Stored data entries
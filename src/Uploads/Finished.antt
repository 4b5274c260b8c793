-- ===== src/Uploads/Finished.antt =====
-- Eviction leaves no more finished tasks than the table may keep
-- (src/thumbelina/rag/pipeline/upload_tasks.py).
use thumbelina.Prelude.{
  ℕ, zero, suc, ◌-◌, ◌≤◌, String, true, List, [], ◌∷◌, Dict, pop, str_eq, eq_iff, eq_refl, leb,
  take, length, if◌then◌else◌, if_known, ◌≡◌, refl, sym, ap, ◌∙◌, arith,
}
use thumbelina.Uploads.{
  UploadTask, finished_of, insert_by_age, sort_by_age, pop_each, evict_finished, max_finished_tasks,
}
use thumbelina.Uploads.Table.{IsTable, pop-IsTable, named}

-- how many of the tasks have no id of the others
unfoldable left : List UploadTask → List UploadTask → ℕ
left ts [] = 0
left ts (u ∷ us) = let rest = left ts us in if named ts u.id then rest else suc rest

unfoldable less : String → List UploadTask → List UploadTask
less k [] = []
less k (u ∷ us) = let rest = less k us in if str_eq u.id k then rest else u ∷ rest

finished_of-pop :
    (k : String) (d : Dict UploadTask) → IsTable d → finished_of (pop k d) ≡ less k (finished_of d)
unfolding IsTable finished_of pop less
finished_of-pop k [] h = refl
finished_of-pop k ((j, u) ∷ d) h = ground (arith, h.0, finished_of-pop k d h.2)

left_nil : (us : List UploadTask) → left [] us ≡ length us
unfolding left named
left_nil [] = refl
left_nil (u ∷ us) = ap suc (left_nil us)

left-less : (t : UploadTask) (ts us : List UploadTask) → left ts (less t.id us) ≡ left (t ∷ ts) us
unfolding left less named
left-less t ts [] = refl
left-less t ts (u ∷ us) = ground (arith, left-less t ts us, eq_iff u.id t.id, eq_iff t.id u.id)

length-finished_of :
    (ts : List UploadTask) (d : Dict UploadTask)
    → IsTable d
    → length (finished_of (pop_each ts d)) ≡ left ts (finished_of d)
unfolding pop_each
length-finished_of [] d h = sym (left_nil (finished_of d))
length-finished_of (t ∷ ts) d h =
    length-finished_of ts (pop t.id d) (pop-IsTable t.id d h)
    ∙ ap (left ts) (finished_of-pop t.id d h)
    ∙ left-less t ts (finished_of d)

left-insert_by_age :
    (ts : List UploadTask) (t : UploadTask) (us : List UploadTask)
    → left ts (insert_by_age t us) ≡ left ts (t ∷ us)
unfolding left insert_by_age
left-insert_by_age ts t [] = refl
left-insert_by_age ts t (u ∷ us) = ground (arith, left-insert_by_age ts t us)

left-sort_by_age : (ts us : List UploadTask) → left ts (sort_by_age us) ≡ left ts us
unfolding left sort_by_age
left-sort_by_age ts [] = refl
left-sort_by_age ts (u ∷ us) =
    left-insert_by_age ts u (sort_by_age us)
    ∙ ap (λ n. if named ts u.id then n else suc n) (left-sort_by_age ts us)

left-take :
    (n : ℕ) (ts us : List UploadTask)
    → ((x : String) → named (take n us) x ≡ true → named ts x ≡ true)
    → left ts us ≤ length us - n
unfolding left named
left-take zero ts [] h = omega arith
left-take zero ts (u ∷ us) h = ground (arith, left-take zero ts us (λ x. cc))
left-take (suc n) ts [] h = omega arith
left-take (suc n) ts (u ∷ us) h = ground (
  arith,
  left-take n ts us (λ x m. h x (ground (arith, m))),
  h u.id (ground (arith, eq_refl u.id)),
)

length-sort_by_age : (us : List UploadTask) → length (sort_by_age us) ≡ length us
length-sort_by_age us = sym (left_nil (sort_by_age us)) ∙ left-sort_by_age [] us ∙ left_nil us

pub evict_finished_bound :
    (d : Dict UploadTask) → IsTable d → length (finished_of (evict_finished d)) ≤ max_finished_tasks
unfolding evict_finished
evict_finished_bound d h =
    let fs = finished_of d in
    let n = length fs - max_finished_tasks in
    let ts = take n (sort_by_age fs) in
    if_known (λ d'. length (finished_of d') ≤ max_finished_tasks)
      (leb (length fs) max_finished_tasks) (λ yes. ground (arith, yes))
      (λ no. ground (
        arith,
        no,
        length-finished_of ts d h,
        left-sort_by_age ts fs,
        length-sort_by_age fs,
        left-take n ts (sort_by_age fs) (λ x m. m),
      ))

**TASK DETAILS:** Copy every line of the records above that contains "unfolding".

**WRITTEN SOLUTION:**
unfolding IsTable finished_of pop less
unfolding left named
unfolding left less named
unfolding pop_each
unfolding left insert_by_age
unfolding left sort_by_age
unfolding left named
unfolding evict_finished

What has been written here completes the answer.